WHAT NEEDS TO BE DONE. In the entries that follow, the first line to write out is the one containing "unfoldable pub do1 : F → Ajaxq F → Ajaxq F", and the last is the one containing "if not is_async". Reproduce that stretch exactly, with nothing before or after it.

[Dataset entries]
=== Section Start ===
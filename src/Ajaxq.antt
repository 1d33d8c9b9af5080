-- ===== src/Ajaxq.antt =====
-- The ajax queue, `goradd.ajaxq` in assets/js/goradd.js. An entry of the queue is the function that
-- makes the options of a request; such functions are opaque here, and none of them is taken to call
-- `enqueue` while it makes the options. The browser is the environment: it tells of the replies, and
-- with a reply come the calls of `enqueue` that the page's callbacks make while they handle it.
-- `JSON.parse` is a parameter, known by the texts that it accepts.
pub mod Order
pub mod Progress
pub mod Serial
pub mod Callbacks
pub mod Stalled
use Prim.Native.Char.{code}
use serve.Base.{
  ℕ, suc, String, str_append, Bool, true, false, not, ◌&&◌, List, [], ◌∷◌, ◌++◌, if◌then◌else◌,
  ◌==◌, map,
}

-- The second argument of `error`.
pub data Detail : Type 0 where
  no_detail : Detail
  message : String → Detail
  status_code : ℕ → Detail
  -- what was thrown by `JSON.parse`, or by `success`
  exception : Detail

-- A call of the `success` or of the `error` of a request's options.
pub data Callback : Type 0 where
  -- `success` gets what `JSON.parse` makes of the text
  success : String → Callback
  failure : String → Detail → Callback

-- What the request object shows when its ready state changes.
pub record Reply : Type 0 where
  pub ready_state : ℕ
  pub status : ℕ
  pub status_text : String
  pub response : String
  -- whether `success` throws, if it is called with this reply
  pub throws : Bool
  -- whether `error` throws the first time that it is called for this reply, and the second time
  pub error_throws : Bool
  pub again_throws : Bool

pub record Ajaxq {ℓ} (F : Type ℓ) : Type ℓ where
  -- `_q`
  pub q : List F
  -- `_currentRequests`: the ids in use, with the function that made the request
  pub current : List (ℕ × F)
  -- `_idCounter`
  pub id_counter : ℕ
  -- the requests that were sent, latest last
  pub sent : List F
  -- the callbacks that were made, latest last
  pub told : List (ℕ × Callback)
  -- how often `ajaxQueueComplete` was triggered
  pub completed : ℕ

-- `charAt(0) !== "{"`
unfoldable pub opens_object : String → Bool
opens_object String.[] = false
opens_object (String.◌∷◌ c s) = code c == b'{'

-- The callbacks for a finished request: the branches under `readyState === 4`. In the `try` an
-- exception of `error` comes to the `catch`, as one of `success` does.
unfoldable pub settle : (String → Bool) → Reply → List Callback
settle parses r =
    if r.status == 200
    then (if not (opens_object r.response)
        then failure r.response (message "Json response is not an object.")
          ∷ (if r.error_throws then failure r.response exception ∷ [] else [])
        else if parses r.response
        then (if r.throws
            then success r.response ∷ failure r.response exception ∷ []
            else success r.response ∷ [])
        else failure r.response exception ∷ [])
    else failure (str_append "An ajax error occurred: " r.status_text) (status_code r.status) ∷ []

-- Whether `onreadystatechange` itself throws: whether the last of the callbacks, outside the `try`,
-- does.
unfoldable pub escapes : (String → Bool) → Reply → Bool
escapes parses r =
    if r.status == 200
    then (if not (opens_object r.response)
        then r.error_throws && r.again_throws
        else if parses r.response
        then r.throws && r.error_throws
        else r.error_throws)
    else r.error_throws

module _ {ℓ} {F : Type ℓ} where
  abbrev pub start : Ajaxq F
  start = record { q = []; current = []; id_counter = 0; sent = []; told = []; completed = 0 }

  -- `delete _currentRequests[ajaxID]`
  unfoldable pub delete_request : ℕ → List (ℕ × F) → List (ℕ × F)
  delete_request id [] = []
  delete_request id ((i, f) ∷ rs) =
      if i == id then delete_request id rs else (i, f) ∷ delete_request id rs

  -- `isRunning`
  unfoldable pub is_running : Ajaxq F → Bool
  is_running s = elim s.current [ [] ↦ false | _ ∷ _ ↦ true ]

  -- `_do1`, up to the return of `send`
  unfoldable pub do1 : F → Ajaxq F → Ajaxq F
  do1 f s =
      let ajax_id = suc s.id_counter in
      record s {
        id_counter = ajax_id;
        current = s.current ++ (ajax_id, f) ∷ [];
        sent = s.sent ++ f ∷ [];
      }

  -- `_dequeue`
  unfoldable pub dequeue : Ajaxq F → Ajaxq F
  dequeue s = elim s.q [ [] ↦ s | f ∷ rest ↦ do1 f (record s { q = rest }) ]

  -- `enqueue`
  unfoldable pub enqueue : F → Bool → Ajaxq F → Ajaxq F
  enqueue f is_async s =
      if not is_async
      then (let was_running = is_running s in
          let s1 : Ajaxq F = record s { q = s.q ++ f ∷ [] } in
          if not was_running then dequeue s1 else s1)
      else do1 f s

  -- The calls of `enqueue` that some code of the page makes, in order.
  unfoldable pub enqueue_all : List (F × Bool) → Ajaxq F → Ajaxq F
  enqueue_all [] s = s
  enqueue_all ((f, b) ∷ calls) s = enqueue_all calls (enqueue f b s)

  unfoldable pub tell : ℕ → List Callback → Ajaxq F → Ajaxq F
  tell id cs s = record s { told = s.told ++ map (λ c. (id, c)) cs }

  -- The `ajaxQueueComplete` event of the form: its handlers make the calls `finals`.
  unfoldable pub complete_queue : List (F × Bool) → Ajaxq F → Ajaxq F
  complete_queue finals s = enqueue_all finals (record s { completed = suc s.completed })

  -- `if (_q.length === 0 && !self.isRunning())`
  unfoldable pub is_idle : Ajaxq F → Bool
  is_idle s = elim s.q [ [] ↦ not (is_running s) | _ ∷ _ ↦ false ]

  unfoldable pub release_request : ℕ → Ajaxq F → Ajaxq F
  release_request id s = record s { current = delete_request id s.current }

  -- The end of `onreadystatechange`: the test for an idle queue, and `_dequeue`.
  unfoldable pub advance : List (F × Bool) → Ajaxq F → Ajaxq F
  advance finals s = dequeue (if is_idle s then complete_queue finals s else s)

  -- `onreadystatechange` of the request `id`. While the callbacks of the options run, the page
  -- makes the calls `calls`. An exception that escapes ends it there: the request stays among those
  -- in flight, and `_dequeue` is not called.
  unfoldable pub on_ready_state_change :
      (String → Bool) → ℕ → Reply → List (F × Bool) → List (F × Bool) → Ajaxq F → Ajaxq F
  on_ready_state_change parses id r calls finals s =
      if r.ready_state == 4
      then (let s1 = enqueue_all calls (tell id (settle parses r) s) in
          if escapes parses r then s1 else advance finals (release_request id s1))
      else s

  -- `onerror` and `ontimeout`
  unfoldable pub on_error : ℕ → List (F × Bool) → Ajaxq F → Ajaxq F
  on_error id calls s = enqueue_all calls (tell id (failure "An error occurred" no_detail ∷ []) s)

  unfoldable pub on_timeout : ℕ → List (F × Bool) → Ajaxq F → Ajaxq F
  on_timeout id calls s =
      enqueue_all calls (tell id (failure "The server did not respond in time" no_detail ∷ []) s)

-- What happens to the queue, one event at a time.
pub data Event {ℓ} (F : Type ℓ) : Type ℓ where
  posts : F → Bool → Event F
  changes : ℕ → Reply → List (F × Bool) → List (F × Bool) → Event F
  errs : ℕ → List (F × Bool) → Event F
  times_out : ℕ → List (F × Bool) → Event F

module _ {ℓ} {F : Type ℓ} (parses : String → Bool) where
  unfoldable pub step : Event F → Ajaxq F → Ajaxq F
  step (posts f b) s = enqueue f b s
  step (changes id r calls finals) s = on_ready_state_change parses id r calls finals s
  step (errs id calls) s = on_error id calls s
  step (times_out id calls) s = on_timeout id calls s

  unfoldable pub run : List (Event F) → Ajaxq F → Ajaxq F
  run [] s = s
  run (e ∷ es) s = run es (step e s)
=== Section End ===
=== Section Start ===
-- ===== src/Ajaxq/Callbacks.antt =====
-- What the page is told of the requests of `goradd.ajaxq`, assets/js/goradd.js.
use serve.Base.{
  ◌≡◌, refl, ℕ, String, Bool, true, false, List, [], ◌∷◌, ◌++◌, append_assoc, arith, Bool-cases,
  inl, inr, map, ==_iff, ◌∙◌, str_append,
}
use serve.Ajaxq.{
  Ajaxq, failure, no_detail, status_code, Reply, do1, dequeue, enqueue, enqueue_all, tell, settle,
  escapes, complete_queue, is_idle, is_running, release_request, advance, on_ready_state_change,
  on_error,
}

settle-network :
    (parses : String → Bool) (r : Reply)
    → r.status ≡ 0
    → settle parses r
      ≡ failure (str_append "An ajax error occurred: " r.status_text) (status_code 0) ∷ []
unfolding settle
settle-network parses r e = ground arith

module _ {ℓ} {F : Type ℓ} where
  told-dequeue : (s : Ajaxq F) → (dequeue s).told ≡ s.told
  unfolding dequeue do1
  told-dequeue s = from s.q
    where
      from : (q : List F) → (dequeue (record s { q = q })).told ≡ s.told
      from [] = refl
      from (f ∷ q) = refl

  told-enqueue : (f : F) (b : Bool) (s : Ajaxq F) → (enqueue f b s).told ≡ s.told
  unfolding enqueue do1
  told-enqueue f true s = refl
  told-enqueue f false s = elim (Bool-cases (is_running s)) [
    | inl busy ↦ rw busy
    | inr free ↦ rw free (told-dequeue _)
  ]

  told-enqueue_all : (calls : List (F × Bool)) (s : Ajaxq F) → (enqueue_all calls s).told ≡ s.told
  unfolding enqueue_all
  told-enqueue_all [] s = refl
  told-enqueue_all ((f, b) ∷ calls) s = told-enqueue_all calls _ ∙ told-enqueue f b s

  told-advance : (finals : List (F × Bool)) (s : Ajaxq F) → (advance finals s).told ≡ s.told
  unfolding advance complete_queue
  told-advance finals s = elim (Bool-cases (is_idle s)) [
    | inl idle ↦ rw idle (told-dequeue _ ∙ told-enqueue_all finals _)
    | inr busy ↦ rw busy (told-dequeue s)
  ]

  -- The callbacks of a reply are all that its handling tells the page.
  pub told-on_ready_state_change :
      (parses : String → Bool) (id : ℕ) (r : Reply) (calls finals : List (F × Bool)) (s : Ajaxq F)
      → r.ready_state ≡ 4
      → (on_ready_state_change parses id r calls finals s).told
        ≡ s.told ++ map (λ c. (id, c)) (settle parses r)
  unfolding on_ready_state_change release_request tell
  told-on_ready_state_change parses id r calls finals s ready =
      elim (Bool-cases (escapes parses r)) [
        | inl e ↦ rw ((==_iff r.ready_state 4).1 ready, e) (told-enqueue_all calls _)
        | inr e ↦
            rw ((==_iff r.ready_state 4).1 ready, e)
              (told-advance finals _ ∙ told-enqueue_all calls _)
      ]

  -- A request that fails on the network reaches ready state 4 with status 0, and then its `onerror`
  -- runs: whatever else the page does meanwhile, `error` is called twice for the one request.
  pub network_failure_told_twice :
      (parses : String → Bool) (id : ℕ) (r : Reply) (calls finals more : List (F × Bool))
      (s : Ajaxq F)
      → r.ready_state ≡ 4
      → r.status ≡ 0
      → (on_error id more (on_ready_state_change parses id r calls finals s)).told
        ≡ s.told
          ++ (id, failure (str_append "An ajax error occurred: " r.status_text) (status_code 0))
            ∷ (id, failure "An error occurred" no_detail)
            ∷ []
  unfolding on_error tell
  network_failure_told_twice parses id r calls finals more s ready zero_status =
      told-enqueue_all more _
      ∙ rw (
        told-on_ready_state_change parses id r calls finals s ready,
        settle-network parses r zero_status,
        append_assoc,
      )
=== Section End ===
ANSWER FOR THIS EXERCISE.
  unfoldable pub do1 : F → Ajaxq F → Ajaxq F
  do1 f s =
      let ajax_id = suc s.id_counter in
      record s {
        id_counter = ajax_id;
        current = s.current ++ (ajax_id, f) ∷ [];
        sent = s.sent ++ f ∷ [];
      }

  -- `_dequeue`
  unfoldable pub dequeue : Ajaxq F → Ajaxq F
  dequeue s = elim s.q [ [] ↦ s | f ∷ rest ↦ do1 f (record s { q = rest }) ]

  -- `enqueue`
  unfoldable pub enqueue : F → Bool → Ajaxq F → Ajaxq F
  enqueue f is_async s =
      if not is_async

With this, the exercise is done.